Charles-Antoine Desmeules
Le 29 janvier 2026 — Modifié à 15 h 43 min
Par Charles-Antoine Desmeules - Journaliste

Le copropriétaire et entraîneur-chef de Jiu-Jitsu Saguenay, Charles Roy, annonce que l’école d’arts martiaux basée à Arvida triplera en superficie afin de répondre à la demande qui ne cesse de croître. 

Ouverte en 2021, l’école a su fonder une communauté forte et constante. Au cours de la dernière année, M. Roy affirme que lui et son équipe sont désormais en mesure d’enseigner les rudiments du jiu-jitsu brésilien à plus de 100 athlètes de la région. 

Pour offrir une expérience et un service de qualité à sa clientèle grandissante, les copropriétaires du centre procéderont à une extension représentant le triple de leur surface actuelle, pour un total de 8 500 mètres carrés. 

« Avec trois salles, ça va nous permettre d’offrir des cours de jiu-jitsu, d’arts martiaux mixtes et des cours pour enfants simultanément ! Nous allons également lancer un nouveau volet de cours, le kickboxing, donc c’est très excitant », dit Charles Roy. 

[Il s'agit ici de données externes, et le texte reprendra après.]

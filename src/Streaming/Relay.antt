-- ===== src/Streaming/Relay.antt =====
-- internal/gateway/proxy/stream.go: the loop that relays chunks to the client, for both formats.
-- What `select` picks in each round is given as a sequence of events. The bytes that are written
-- are a list of frames; flushing, write deadlines and log lines are left out. `fresh_id` and
-- `created` are the stream's identifier and time, which are taken once.
use llm_router.Common.{
  ℕ, String, Bool, true, Option, none, some, List, [], ◌∷◌, str_eq, if◌then◌else◌,
}
use llm_router.Provider.Errors.{Error, as_gateway, code_string}
use llm_router.Fallback.Router.{Providers, call_with_retry}

pub record Usage : Type 0 where
  pub prompt_tokens : ℕ
  pub completion_tokens : ℕ
  pub total_tokens : ℕ

-- `provider.StreamChunk`; the error is its message.
pub record StreamChunk : Type 0 where
  pub delta : String
  pub finish_reason : Option String
  pub usage : Option Usage
  pub error : Option String

pub record Delta : Type 0 where
  pub role : String
  pub content : String

pub record ChunkChoice : Type 0 where
  pub index : ℕ
  pub delta : Delta
  pub finish_reason : String

pub record ChatCompletionChunk : Type 0 where
  pub id : String
  pub object : String
  pub created : ℕ
  pub model : String
  pub choices : List ChunkChoice
  pub usage : Option Usage

pub record CompletionStreamChoice : Type 0 where
  pub index : ℕ
  pub text : String
  pub finish_reason : String

pub record CompletionStreamChunk : Type 0 where
  pub id : String
  pub object : String
  pub created : ℕ
  pub model : String
  pub choices : List CompletionStreamChoice
  pub usage : Option Usage

abbrev no_delta : Delta
no_delta = record { role = ""; content = "" }

unfoldable pub chunk_choice : StreamChunk → Option String → ChunkChoice
chunk_choice sc (some reason) = record { index = 0; delta = no_delta; finish_reason = reason }
chunk_choice sc none = record {
  index = 0;
  delta = record { role = ""; content = sc.delta };
  finish_reason = "";
}

unfoldable pub build_chunk : String → ℕ → String → StreamChunk → ChatCompletionChunk
unfolding chunk_choice
build_chunk id created model sc = record {
  id = id;
  object = "chat.completion.chunk";
  created = created;
  model = model;
  choices = chunk_choice sc sc.finish_reason ∷ [];
  usage = sc.usage;
}

-- The first chunk, which has the role only.
unfoldable pub role_chunk : String → ℕ → String → ChatCompletionChunk
role_chunk id created model = record {
  id = id;
  object = "chat.completion.chunk";
  created = created;
  model = model;
  choices =
      record { index = 0; delta = record { role = "assistant"; content = "" }; finish_reason = "" }
      ∷ [];
  usage = none;
}

abbrev or_empty : Option String → String
or_empty none = ""
or_empty (some s) = s

unfoldable pub build_text_chunk : String → ℕ → String → StreamChunk → CompletionStreamChunk
build_text_chunk id created model sc = record {
  id = id;
  object = "text_completion";
  created = created;
  model = model;
  choices = record { index = 0; text = sc.delta; finish_reason = or_empty sc.finish_reason } ∷ [];
  usage = sc.usage;
}

-- What is written to the client.
pub data Frame (C : Type 0) : Type 0 where
  keepalive : Frame C
  chunk_frame : C → Frame C
  error_frame : String → Frame C
  done_frame : Frame C

-- What a round of the loop sees.
pub data Event : Type 0 where
  cancelled : Event
  tick : Event
  received : StreamChunk → Event
  closed : Event

-- The request's log context, as far as the loop writes it.
pub record StreamLog : Type 0 where
  pub first_token : Bool
  pub tokens : Option Usage
  pub finish : String
  pub error : Option String

abbrev pub or_else {ℓ} : {A : Type ℓ} → Option A → Option A → Option A
or_else (some a) b = some a
or_else none b = b

abbrev pub or_keep : Option String → String → String
or_keep (some s) t = s
or_keep none t = t

unfoldable pub note_chunk : StreamChunk → StreamLog → StreamLog
note_chunk sc log = record {
  first_token = if str_eq sc.delta "" then log.first_token else true;
  tokens = or_else sc.usage log.tokens;
  finish = or_keep sc.finish_reason log.finish;
  error = log.error;
}

module _ {C : Type 0} where
  -- A chunk with an error ends the stream; after another one the loop goes on with result `r`.
  unfoldable pub on_received :
      Option String → C → List (Frame C) × StreamLog → StreamLog → List (Frame C) × StreamLog
  on_received (some message) c r log =
      (error_frame message ∷ done_frame ∷ [], record log { error = some message })
  on_received none c (out, log') log = (chunk_frame c ∷ out, log')

module _ {C : Type 0} (build : StreamChunk → C) where
  -- The loop: the frames that are written, and the log after it.
  unfoldable pub relay : List Event → StreamLog → List (Frame C) × StreamLog
  unfolding note_chunk on_received
  relay [] log = ([], log)
  relay (cancelled ∷ es) log = ([], log)
  relay (tick ∷ es) log = let (out, log') = relay es log in (keepalive ∷ out, log')
  relay (closed ∷ es) log = (done_frame ∷ [], log)
  relay (received sc ∷ es) log = on_received sc.error (build sc) (relay es (note_chunk sc log)) log

-- What the client gets: an HTTP error, or a stream with status 200.
pub data Sent (C : Type 0) : Type 0 where
  http_error : ℕ → String → Sent C
  stream : List (Frame C) → Sent C

unfoldable pub stream_channel_to_client :
    Bool → String → ℕ → String → List Event → StreamLog → Sent ChatCompletionChunk × StreamLog
unfolding relay build_chunk role_chunk
stream_channel_to_client flusher fresh_id created model es log =
    if flusher
    then (let (out, log') = relay (build_chunk fresh_id created model) es log in
        (stream (chunk_frame (role_chunk fresh_id created model) ∷ out), log'))
    else (http_error 500 "streaming unsupported by server", log)

unfoldable pub stream_text_channel_to_client :
    Bool → String → ℕ → String → List Event → StreamLog → Sent CompletionStreamChunk × StreamLog
unfolding relay build_text_chunk
stream_text_channel_to_client flusher fresh_id created model es log =
    if flusher
    then (let (out, log') = relay (build_text_chunk fresh_id created model) es log in
        (stream out, log'))
    else (http_error 500 "streaming unsupported by server", log)

-- `StreamToClient`: the provider's stream is opened with retries before anything is written; `R` is
-- the stream, `events` what the loop then sees, and `show` is `err.Error()`.
unfoldable pub stream_to_client :
    {W R : Type 0} (ps : Providers W R)
    → Bool
    → String
    → String
    → String
    → ℕ
    → String
    → (Error → String)
    → (Option R → W → List Event)
    → StreamLog
    → W
    → Sent ChatCompletionChunk × StreamLog
unfolding stream_channel_to_client
stream_to_client ps flusher provider parsed_model fresh_id created model show events log w =
    if flusher
    then (let (err, s) = call_with_retry ps provider parsed_model w in
        elim err [
          | none ↦ stream_channel_to_client true fresh_id created model (events s.0 s.1) log
          | some e ↦ elim (as_gateway e) [
            | some g ↦ (
              http_error g.http_status (code_string g.code),
              record log { error = some g.message },
            )
            | none ↦ (http_error 502 "api_error", record log { error = some (show e) })
          ]
        ])
    else (http_error 500 "streaming unsupported by server", log)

L’agrandissement nécessitera également l’embauche de cinq entraîneurs supplémentaires et un investissement de près de 60 000 $ en équipement. Jiu-Jitsu Saguenay se dotera d’une multitude de surfaces de combat ainsi que de murs inclinés permettant une approche différente lors des affrontements. 

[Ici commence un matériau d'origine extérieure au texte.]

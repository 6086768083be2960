-- ===== src/ExactCache/Store.antt =====
-- internal/cache/exact/cache.go and key.go: keys, and storing and fetching entries. `F` is `float64`,
-- `B` is `[]byte`; JSON, SHA-256, gzip, Redis and the clock are the record `CacheHost`. Embeddings,
-- which are kept in the same way, and the deletion of entries are left out.
use Prim.Native.String.{◌++◌ as str_append}
use llm_router.Common.{
  ℕ, String, Bool, true, false, not, ◌&&◌, ◌||◌, Option, none, some, List, str_eq, ltb, ◌==◌,
  if◌then◌else◌,
}
use llm_router.Common.Int.{ℤ, pos}
use llm_router.Common.Fallible.{Result, ok, err}
use llm_router.Chat.{Message}
use llm_router.Streaming.Relay.{Usage}

-- `types.ChatCompletionRequest` without the fields that only the gateway reads; `stop` and `tools` are
-- JSON text.
pub record ChatRequest (F : Type 0) : Type 0 where
  pub model : String
  pub messages : List Message
  pub temperature : Option F
  pub max_tokens : Option ℤ
  pub top_p : Option F
  pub n : Option ℤ
  pub stream : Bool
  pub stop : String
  pub presence_penalty : Option F
  pub frequency_penalty : Option F
  pub user : String
  pub tools : List String

pub record Choice : Type 0 where
  pub index : ℕ
  pub message : Message
  pub finish_reason : String

pub record ChatResponse : Type 0 where
  pub id : String
  pub object : String
  pub created : ℕ
  pub model : String
  pub choices : List Choice
  pub usage : Option Usage

pub record Entry (F : Type 0) : Type 0 where
  pub response : ChatResponse
  pub created_at : ℕ
  pub model : String
  pub prompt_tokens : ℕ
  pub completion_tokens : ℕ
  pub cost_usd : F

pub record CacheKeyData (F : Type 0) : Type 0 where
  pub model : String
  pub messages : List Message
  pub temperature : F
  pub max_tokens : ℤ
  pub top_p : F

pub record Headers : Type 0 where
  pub cache_control : String
  pub no_cache : String

pub record Cache : Type 0 where
  pub max_response_size : ℕ
  pub default_ttl : ℕ

-- `digest` is SHA-256 of the JSON text in hexadecimal, or nothing if there is no such text; `gunzip`
-- reads a compressed text to its end. `redis_get` returns nothing for `redis.Nil`.
pub record CacheHost (F B W : Type 0) : Type 0 where
  pub zero_float : F
  pub is_positive : F → Bool
  pub digest : CacheKeyData F → Option String
  pub size : B → ℕ
  pub byte_at : B → ℕ → ℕ
  pub marshal : Entry F → Option B
  pub unmarshal : B → Option (Entry F)
  pub parse_response : B → Option ChatResponse
  pub gzip : B → Option B
  pub gunzip : B → Option B
  pub now : W → ℕ
  pub redis_get : String → W → Result (Option B) × W
  pub redis_set : String → B → ℕ → W → Bool × W

-- What `Store` returns.
pub data Stored : Type 0 where
  stored marshal_failed too_large set_failed : Stored

abbrev pub redis_key : String → String
redis_key key = str_append "cache:exact:" key

abbrev pub or_zero {ℓ} : {A : Type ℓ} → A → Option A → A
or_zero z none = z
or_zero z (some v) = v

unfoldable pub is_opt_out : Headers → Bool
is_opt_out h = str_eq h.cache_control "no-cache" || str_eq h.no_cache "true"

module _ {F B W : Type 0} (h : CacheHost F B W) where
  unfoldable pub key_data : ChatRequest F → CacheKeyData F
  key_data req = record {
    model = req.model;
    messages = req.messages;
    temperature = or_zero h.zero_float req.temperature;
    max_tokens = or_zero (pos 0) req.max_tokens;
    top_p = or_zero h.zero_float req.top_p;
  }

  unfoldable pub build_key : ChatRequest F → String
  unfolding key_data
  build_key req = or_zero "" (h.digest (key_data req))

  abbrev pub is_hot : Option F → Bool
  is_hot none = false
  is_hot (some t) = h.is_positive t

  abbrev pub is_set : Option ℤ → Bool
  is_set none = false
  is_set (some n) = true

  unfoldable pub is_cacheable : ChatRequest F → Bool → Headers → Bool
  unfolding is_opt_out
  is_cacheable req temperature_zero_only headers =
      if is_opt_out headers
      then false
      else if not (is_set req.max_tokens)
      then false
      else if temperature_zero_only && is_hot req.temperature
      then false
      else true

  -- The two bytes that every gzip text starts with.
  unfoldable pub is_gzip : B → Bool
  is_gzip b =
      if ltb (h.size b) 2 || not (h.byte_at b 0 == 0x1f) || not (h.byte_at b 1 == 0x8b)
      then false
      else true

  unfoldable pub maybe_decompress : B → B
  unfolding is_gzip
  maybe_decompress b = if is_gzip b then or_zero b (h.gunzip b) else b

  abbrev pub decoded : Option (Entry F) → Result (Option (Entry F))
  decoded none = err "cache unmarshal"
  decoded (some e) = ok (some e)

  abbrev pub fetched : Result (Option B) × W → Result (Option (Entry F)) × W
  fetched (err e, w) = (err e, w)
  fetched (ok none, w) = (ok none, w)
  fetched (ok (some b), w) = (decoded (h.unmarshal (maybe_decompress b)), w)

  unfoldable pub get : String → W → Result (Option (Entry F)) × W
  unfolding maybe_decompress
  get key w = fetched (h.redis_get (redis_key key) w)

  abbrev pub prompt_tokens_of : Option Usage → ℕ
  prompt_tokens_of none = 0
  prompt_tokens_of (some u) = u.prompt_tokens

  abbrev pub completion_tokens_of : Option Usage → ℕ
  completion_tokens_of none = 0
  completion_tokens_of (some u) = u.completion_tokens

  unfoldable pub entry_for : ChatResponse → F → ℕ → Entry F
  entry_for resp cost time = record {
    response = resp;
    created_at = time;
    model = resp.model;
    prompt_tokens = prompt_tokens_of resp.usage;
    completion_tokens = completion_tokens_of resp.usage;
    cost_usd = cost;
  }

  -- The compressed text, if there is one and it is shorter.
  abbrev pub shorter : B → Option B → B
  shorter b none = b
  shorter b (some z) = if ltb (h.size z) (h.size b) then z else b

  abbrev pub set_result : Bool × W → Stored × W
  set_result (done, w) = (if done then stored else set_failed, w)

  abbrev pub store_bytes : Cache → String → ℕ → W → Option B → Stored × W
  store_bytes c key ttl w none = (marshal_failed, w)
  store_bytes c key ttl w (some b) =
      if ltb c.max_response_size (h.size b)
      then (too_large, w)
      else set_result (
          h.redis_set (redis_key key) (shorter b (h.gzip b))
            (if ttl == 0 then c.default_ttl else ttl) w)

  unfoldable pub store : Cache → String → ChatResponse → F → ℕ → W → Stored × W
  unfolding entry_for
  store c key resp cost ttl w = store_bytes c key ttl w (h.marshal (entry_for resp cost (h.now w)))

Selon M. Roy, cette expansion reflète le succès que rencontre l’école jusqu’à maintenant. 

« C’est très excitant, assurément. Je crois que les gens seront encore plus impressionnés. Ça me motive à faire grandir mon entreprise, et je pense que la pression que l’on s’est mise va nous permettre d’atteindre des sommets encore plus élevés que ce que l’on visait. » 

Une approche unique 

L’une des spécialités de Jiu-Jitsu Saguenay est l’approche utilisée lors des sessions d’entraînement. Afin de faire évoluer ses élèves, les enseignants s’éloignent de la méthode traditionnelle des arts martiaux et introduisent plutôt les participants de façon engagée. 

« Dans l’approche traditionnelle, on isole le mouvement et le pratique sans résistance, puis on le réintroduit dans la pratique en espérant qu’il y a un transfert. Nous, nous utilisons la méthode par contrainte, qui est beaucoup plus stimulante dès le début. Je dis ce qu’il faut faire, mais pas la manière. […] Je crois que l’apprentissage doit se faire dans l’action et que le meilleur outil d’apprentissage sera toujours le partenaire qui se trouve devant toi. »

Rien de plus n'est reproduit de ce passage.